I'm trying to pull some time series data from Cassandra. The data is being put there by an external application and it is using KairosDB to write the data (based on OpenTSDB). I don't have the option of putting the KairosDB libraries into the application I'm developing, but the Datastax Cassandra libraries are already available to me.
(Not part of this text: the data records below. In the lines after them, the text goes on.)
-- ===== src/Expr/Eval.antt =====
-- Evaluation: `eval` and what it calls, and the entry points of `Expr` of dbcli/src/synth/expr.rs.
pub mod Values
pub mod Types
pub mod Columns
use hepta_dbcli.Prelude.{
  ℕ, zero, suc, ◌+◌, ◌-◌, ◌^◌, min, leb, ◌==◌, Bool, true, false, not, ◌&&◌, List, [], ◌∷◌, ◌++◌,
  Option, none, some, length, take, drop, if◌then◌else◌,
}
use hepta_dbcli.Decimals.{DecimalOps, Order, less, same_place, greater}
use hepta_dbcli.Number.{order_of_texts}
use hepta_dbcli.Text.{Text, codes, text_eq, one_of, starts_with}
use hepta_dbcli.Report
use hepta_dbcli.Report.{int_text, digits, join, text_le}
use hepta_dbcli.TextSet.{set_insert}
use hepta_dbcli.Expr.{
  ExprError, Result, ok, err, panic, out_of_fuel, ◌>>=◌, ArithOp, arith_symbol, CmpOp, cmp_symbol,
  Node, Nodes, nil, cons, known_function_names, known_functions,
}
use hepta_dbcli.Expr.Operands.{
  ArithOps, Value, null, bool, number, str, kind, is_literal, compare_values, as_number, cell,
  string_arg, arith_values, count_arg,
}

usize_max : ℕ
usize_max = 2 ^ 64 - 1

module _ {N : Type 0} where
  -- The value of an argument; behind the last one an index panics.
  abbrev pub arg : ℕ → List (Result (Value N)) → Result (Value N)
  arg i [] = panic
  arg zero (r ∷ rs) = r
  arg (suc i) (r ∷ rs) = arg i rs

  -- A condition's value.
  unfoldable pub truth : Value N → Result Bool
  truth (bool b) = ok b
  truth v = err (ExprError.non_boolean_predicate (kind v))

  -- Only the branch that is selected is looked at.
  unfoldable pub eval_if : List (Result (Value N)) → Result (Value N)
  unfolding truth digits
  eval_if (c ∷ t ∷ e ∷ []) = c >>= truth >>= λ b. if b then t else e
  eval_if args = err (
      ExprError.syntax (codes "function `if` expects 3 argument(s), got " ++ digits (length args))
        0)

  abbrev pub concat_value : (Text → Result (Value N)) → Value N → Result (Value N)
  concat_value more (str t) = more t
  concat_value more null = ok null
  concat_value more v = err (ExprError.type_mismatch (codes "concat argument") (kind v))

  unfoldable pub concat_on : Text → List (Result (Value N)) → Result (Value N)
  concat_on out [] = ok (str out)
  concat_on out (r ∷ rs) = r >>= concat_value (λ t. concat_on (out ++ t) rs)

  abbrev pub last_chars : Option Text → Option ℕ → Value N
  last_chars (some t) (some n) = str (drop (length t - min n (length t)) t)
  last_chars _ _ = null

  abbrev pub first_chars : Option Text → Option ℕ → Value N
  first_chars (some t) (some n) = str (take n t)
  first_chars _ _ = null

  abbrev pub chars_from : Option Text → Option ℕ → Option ℕ → Value N
  chars_from (some t) (some start) (some len) = str (take len (drop (start - 1) t))
  chars_from _ _ _ = null

unfoldable unknown_function : Text → ExprError
unknown_function name =
    ExprError.syntax
      (codes "function `"
        ++ name
        ++ codes "` is not permitted; known functions: "
        ++ join (codes ", ") (known_function_names known_functions))
      0

module _ (ops : DecimalOps) (sums : ArithOps ops) where
  abbrev ResultList : Type 0
  ResultList = List (Result (Value ops.Number))

  unfoldable pub eval_right : ResultList → Result (Value ops.Number)
  unfolding string_arg count_arg
  eval_right args = do
    t ← arg 0 args >>= string_arg ops
    n ← arg 1 args >>= count_arg ops sums
    ok (last_chars t n)

  unfoldable pub eval_left : ResultList → Result (Value ops.Number)
  unfolding string_arg count_arg
  eval_left args = do
    t ← arg 0 args >>= string_arg ops
    n ← arg 1 args >>= count_arg ops sums
    ok (first_chars t n)

  -- `args.get(2)`
  abbrev pub length_arg : ResultList → Result (Option ℕ)
  unfolding count_arg usize_max
  length_arg (a ∷ b ∷ c ∷ rest) = c >>= count_arg ops sums
  length_arg _ = ok (some usize_max)

  unfoldable pub eval_substr : ResultList → Result (Value ops.Number)
  unfolding string_arg count_arg length_arg
  eval_substr args = do
    t ← arg 0 args >>= string_arg ops
    start ← arg 1 args >>= count_arg ops sums
    len ← length_arg args
    ok (chars_from t start len)

  -- The arguments come as what the evaluation of each gives; the program evaluates an argument where
  -- its value is looked at.
  unfoldable pub eval_string_call : Text → ResultList → Result (Value ops.Number)
  unfolding text_eq concat_on eval_right eval_left eval_substr unknown_function
  eval_string_call name args =
      if text_eq name (codes "concat")
      then concat_on [] args
      else if text_eq name (codes "right")
      then eval_right args
      else if text_eq name (codes "left")
      then eval_left args
      else if text_eq name (codes "substr")
      then eval_substr args
      else err (unknown_function name)

  unfoldable pub eval_call : Text → ResultList → Result (Value ops.Number)
  unfolding text_eq eval_if eval_string_call
  eval_call name args =
      if text_eq name (codes "if") then eval_if args else eval_string_call name args

  unfoldable pub negate_value : Value ops.Number → Result (Value ops.Number)
  negate_value (number n) = ok (number (sums.negated n))
  negate_value null = ok null
  negate_value v = err (ExprError.type_mismatch (codes "negate") (kind v))

  module _ (lookup : Text → Option Report.Value) where
    unfoldable mutual
      unfolding arith_values compare_values as_number truth cell negate_value eval_call

      pub eval : Node ops.Number → Result (Value ops.Number)
      eval (Node.number n) = ok (number n)
      eval (Node.str t) = ok (str t)
      eval (Node.column name) = cell ops (lookup name)
      eval (Node.negate n) = eval n >>= negate_value
      eval (Node.arith op l r) = eval l >>= λ a. eval r >>= λ b. arith_values ops sums op a b
      eval (Node.compare op l r) = eval l >>= λ a. eval r >>= λ b.
          let b' = as_number ops a (is_literal r) b in
          compare_values ops op (as_number ops b' (is_literal l) a) b'
      eval (Node.and l r) =
          let right = eval r >>= truth >>= λ b. ok (bool b) in
          eval l >>= truth >>= λ a. if a then right else ok (bool false)
      eval (Node.or l r) =
          let right = eval r >>= truth >>= λ b. ok (bool b) in
          eval l >>= truth >>= λ a. if a then ok (bool true) else right
      eval (Node.call name args) = eval_call name (eval_args args)

      pub eval_args : Nodes ops.Number → List (Result (Value ops.Number))
      eval_args nil = []
      eval_args (cons n ns) = eval n ∷ eval_args ns

    unfoldable pub eval_bool : Node ops.Number → Result Bool
    unfolding eval truth
    eval_bool n = eval n >>= truth

    unfoldable pub as_text : Value ops.Number → Result Text
    as_text (str t) = ok t
    as_text null = err ExprError.null_result
    as_text v = err (ExprError.type_mismatch (codes "string result") (kind v))

    unfoldable pub eval_str : Node ops.Number → Result Text
    unfolding eval as_text
    eval_str n = eval n >>= as_text

    unfoldable pub as_decimal : Value ops.Number → Result ops.Number
    as_decimal (number n) = ok n
    as_decimal null = err ExprError.null_result
    as_decimal v = err (ExprError.type_mismatch (codes "decimal result") (kind v))

    unfoldable pub eval_decimal : Node ops.Number → Result ops.Number
    unfolding eval as_decimal
    eval_decimal n = eval n >>= as_decimal
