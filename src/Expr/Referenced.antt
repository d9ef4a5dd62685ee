-- ===== src/Expr/Referenced.antt =====
-- The columns of an expression, and the check that all of them are known: dbcli/src/synth/expr.rs.
use hepta_dbcli.Prelude.{List, [], ◌∷◌, if◌then◌else◌}
use hepta_dbcli.Text.{Text, one_of}
use hepta_dbcli.TextSet.{set_insert}
use hepta_dbcli.Expr.{ExprError, Result, ok, err, Node, Nodes, nil, cons}

-- The columns of an expression, put into a sorted set.
unfoldable mutual
  unfolding set_insert

  pub collect_columns : {N : Type 0} → Node N → List Text → List Text
  collect_columns (Node.column name) out = set_insert name out
  collect_columns (Node.negate n) out = collect_columns n out
  collect_columns (Node.arith op l r) out = collect_columns r (collect_columns l out)
  collect_columns (Node.compare op l r) out = collect_columns r (collect_columns l out)
  collect_columns (Node.and l r) out = collect_columns r (collect_columns l out)
  collect_columns (Node.or l r) out = collect_columns r (collect_columns l out)
  collect_columns (Node.call name args) out = collect_args args out
  collect_columns (Node.number n) out = out
  collect_columns (Node.str t) out = out

  pub collect_args : {N : Type 0} → Nodes N → List Text → List Text
  collect_args nil out = out
  collect_args (cons n ns) out = collect_args ns (collect_columns n out)

unfoldable pub referenced_columns : {N : Type 0} → Node N → List Text
unfolding collect_columns
referenced_columns n = collect_columns n []

-- The first column that is not known is an error.
unfoldable pub check_each : List Text → List Text → Result (Unit {0})
unfolding one_of
check_each known [] = ok tt
check_each known (name ∷ names) =
    let rest = check_each known names in
    if one_of name known then rest else err (ExprError.unknown_column name)

unfoldable pub check_columns : {N : Type 0} → Node N → List Text → Result (Unit {0})
unfolding check_each referenced_columns
check_columns n known = check_each known (referenced_columns n)
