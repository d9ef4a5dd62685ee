-- ===== src/Expr/Eval/Columns.antt =====
-- The columns that an expression reads, and its evaluation: dbcli/src/synth/expr.rs.
use hepta_dbcli.Prelude.{
  true, false, List, [], ◌∷◌, Option, if◌then◌else◌, ◌≡◌, refl, ap, Bool-cases, inl, inr,
}
use hepta_dbcli.Decimals.{DecimalOps}
use hepta_dbcli.Text.{Text, text_eq, one_of}
use hepta_dbcli.Text.Laws.{text_eq_iff}
use hepta_dbcli.Report
use hepta_dbcli.Report.{text_le}
use hepta_dbcli.TextSet.{one_of-set_insert_self, one_of-set_insert_kept}
use hepta_dbcli.Expr.{ok, ◌>>=◌, Node, Nodes, nil, cons}
use hepta_dbcli.Expr.Eval.{truth, negate_value, eval_call, eval, eval_args}
use hepta_dbcli.Expr.Operands.{
  ArithOps, bool, arith_values, compare_values, as_number, is_literal, cell,
}
use hepta_dbcli.Expr.Referenced.{collect_columns, collect_args, check_each, check_columns}

-- Every column of the expression has the property.
mutual
  Reads : {N : Type 0} → (Text → Type 0) → Node N → Type 0
  Reads P (Node.number n) = Unit
  Reads P (Node.str t) = Unit
  Reads P (Node.column name) = P name
  Reads P (Node.negate n) = Reads P n
  Reads P (Node.arith op l r) = Reads P l × Reads P r
  Reads P (Node.compare op l r) = Reads P l × Reads P r
  Reads P (Node.and l r) = Reads P l × Reads P r
  Reads P (Node.or l r) = Reads P l × Reads P r
  Reads P (Node.call name args) = ReadsAll P args

  ReadsAll : {N : Type 0} → (Text → Type 0) → Nodes N → Type 0
  ReadsAll P nil = Unit
  ReadsAll P (cons n ns) = Reads P n × ReadsAll P ns

mutual
  unfolding Reads

  Reads-map :
      {N : Type 0} (P Q : Text → Type 0)
      → ((t : Text) → P t → Q t)
      → (n : Node N) → Reads P n
      → Reads Q n
  Reads-map P Q f (Node.number n) h = tt
  Reads-map P Q f (Node.str t) h = tt
  Reads-map P Q f (Node.column name) h = f name h
  Reads-map P Q f (Node.negate n) h = Reads-map P Q f n h
  Reads-map P Q f (Node.arith op l r) h = (Reads-map P Q f l h.0, Reads-map P Q f r h.1)
  Reads-map P Q f (Node.compare op l r) h = (Reads-map P Q f l h.0, Reads-map P Q f r h.1)
  Reads-map P Q f (Node.and l r) h = (Reads-map P Q f l h.0, Reads-map P Q f r h.1)
  Reads-map P Q f (Node.or l r) h = (Reads-map P Q f l h.0, Reads-map P Q f r h.1)
  Reads-map P Q f (Node.call name args) h = ReadsAll-map P Q f args h

  ReadsAll-map :
      {N : Type 0} (P Q : Text → Type 0)
      → ((t : Text) → P t → Q t)
      → (ns : Nodes N) → ReadsAll P ns
      → ReadsAll Q ns
  ReadsAll-map P Q f nil h = tt
  ReadsAll-map P Q f (cons n ns) h = (Reads-map P Q f n h.0, ReadsAll-map P Q f ns h.1)

-- A collected column stays collected.
mutual
  unfolding collect_columns

  kept :
      {N : Type 0} (n : Node N) (out : List Text) (x : Text)
      → one_of x out ≡ true
      → one_of x (collect_columns n out) ≡ true
  kept (Node.number n) out x h = h
  kept (Node.str t) out x h = h
  kept (Node.column name) out x h = one_of-set_insert_kept x name out h
  kept (Node.negate n) out x h = kept n out x h
  kept (Node.arith op l r) out x h = kept r (collect_columns l out) x (kept l out x h)
  kept (Node.compare op l r) out x h = kept r (collect_columns l out) x (kept l out x h)
  kept (Node.and l r) out x h = kept r (collect_columns l out) x (kept l out x h)
  kept (Node.or l r) out x h = kept r (collect_columns l out) x (kept l out x h)
  kept (Node.call name args) out x h = kept_all args out x h

  kept_all :
      {N : Type 0} (ns : Nodes N) (out : List Text) (x : Text)
      → one_of x out ≡ true
      → one_of x (collect_args ns out) ≡ true
  kept_all nil out x h = h
  kept_all (cons n ns) out x h = kept_all ns (collect_columns n out) x (kept n out x h)

abbrev In : List Text → Text → Type 0
In us t = one_of t us ≡ true

mutual
  unfolding collect_columns Reads

  collected : {N : Type 0} (n : Node N) (out : List Text) → Reads (In (collect_columns n out)) n
  collected (Node.number n) out = tt
  collected (Node.str t) out = tt
  collected (Node.column name) out = one_of-set_insert_self name out
  collected (Node.negate n) out = collected n out
  collected (Node.arith op l r) out = (
    Reads-map _ _ (kept r (collect_columns l out)) l (collected l out),
    collected r (collect_columns l out),
  )
  collected (Node.compare op l r) out = (
    Reads-map _ _ (kept r (collect_columns l out)) l (collected l out),
    collected r (collect_columns l out),
  )
  collected (Node.and l r) out = (
    Reads-map _ _ (kept r (collect_columns l out)) l (collected l out),
    collected r (collect_columns l out),
  )
  collected (Node.or l r) out = (
    Reads-map _ _ (kept r (collect_columns l out)) l (collected l out),
    collected r (collect_columns l out),
  )
  collected (Node.call name args) out = collected_all args out

  collected_all :
      {N : Type 0} (ns : Nodes N) (out : List Text) → ReadsAll (In (collect_args ns out)) ns
  collected_all nil out = tt
  collected_all (cons n ns) out = (
    Reads-map _ _ (kept_all ns (collect_columns n out)) n (collected n out),
    collected_all ns (collect_columns n out),
  )

check_each-In :
    (known names : List Text) (x : Text)
    → check_each known names ≡ ok tt
    → one_of x names ≡ true
    → one_of x known ≡ true
unfolding check_each one_of
check_each-In known [] x e h = cc
check_each-In known (name ∷ names) x e h = elim (Bool-cases (one_of name known)) [
  | inl t ↦ elim (Bool-cases (text_eq name x)) [
    | inl s ↦ rw (← (text_eq_iff name x).0 s) t
    | inr s ↦ check_each-In known names x (rw (t, check_each) at e) (rw (s, one_of) at h)
  ]
  | inr f ↦ cc (rw (f, check_each) at e)
]

module _ (ops : DecimalOps) (sums : ArithOps ops) (lookup other : Text → Option Report.Value)
    (P : Text → Type 0) (agree : (t : Text) → P t → lookup t ≡ other t) where
  mutual
    unfolding eval Reads

    same_value : (n : Node ops.Number) → Reads P n → eval ops sums lookup n ≡ eval ops sums other n
    same_value (Node.number n) h = refl
    same_value (Node.str t) h = refl
    same_value (Node.column name) h = ap (cell ops) (agree name h)
    same_value (Node.negate n) h = λ i. same_value n h i >>= negate_value ops sums
    same_value (Node.arith op l r) h =
        λ i. same_value l h.0 i >>= λ a. same_value r h.1 i >>= λ b. arith_values ops sums op a b
    same_value (Node.compare op l r) h = λ i. same_value l h.0 i >>= λ a.
        same_value r h.1 i >>= λ b.
        let b' = as_number ops a (is_literal r) b in
        compare_values ops op (as_number ops b' (is_literal l) a) b'
    same_value (Node.and l r) h = λ i. same_value l h.0 i >>= truth >>= λ a.
        if a then (same_value r h.1 i >>= truth >>= λ b. ok (bool b)) else ok (bool false)
    same_value (Node.or l r) h = λ i. same_value l h.0 i >>= truth >>= λ a.
        if a then ok (bool true) else (same_value r h.1 i >>= truth >>= λ b. ok (bool b))
    same_value (Node.call name args) h = ap (eval_call ops sums name) (same_values args h)

    same_values :
        (ns : Nodes ops.Number)
        → ReadsAll P ns
        → eval_args ops sums lookup ns ≡ eval_args ops sums other ns
    same_values nil h = refl
    same_values (cons n ns) h = λ i. same_value n h.0 i ∷ same_values ns h.1 i

-- Where the check of the columns passes, the value of an expression depends on the known columns of the
-- row alone.
pub eval-check_columns :
    (ops : DecimalOps) (sums : ArithOps ops) (n : Node ops.Number) (known : List Text)
    (lookup other : Text → Option Report.Value)
    → check_columns n known ≡ ok tt
    → ((t : Text) → one_of t known ≡ true → lookup t ≡ other t)
    → eval ops sums lookup n ≡ eval ops sums other n
unfolding check_columns
eval-check_columns ops sums n known lookup other checked agree =
    same_value ops sums lookup other (In known) agree n
      (Reads-map _ _ (λ x. check_each-In known (collect_columns n []) x checked) n (collected n []))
How would I write the basic queries to retrieve the information directly from Cassandra in a usable way? Queries where I can specify start/end times and additional tags for the row key indices. Some of this might be basic Cassandra knowledge I'm missing, but there are issues specific to the schema like the fact that sample times are stored as relative values from an absolute timestamp in row_key_index, or the fact that data could be split across multiple row_key_index columns depending on the retention of data and requested time span.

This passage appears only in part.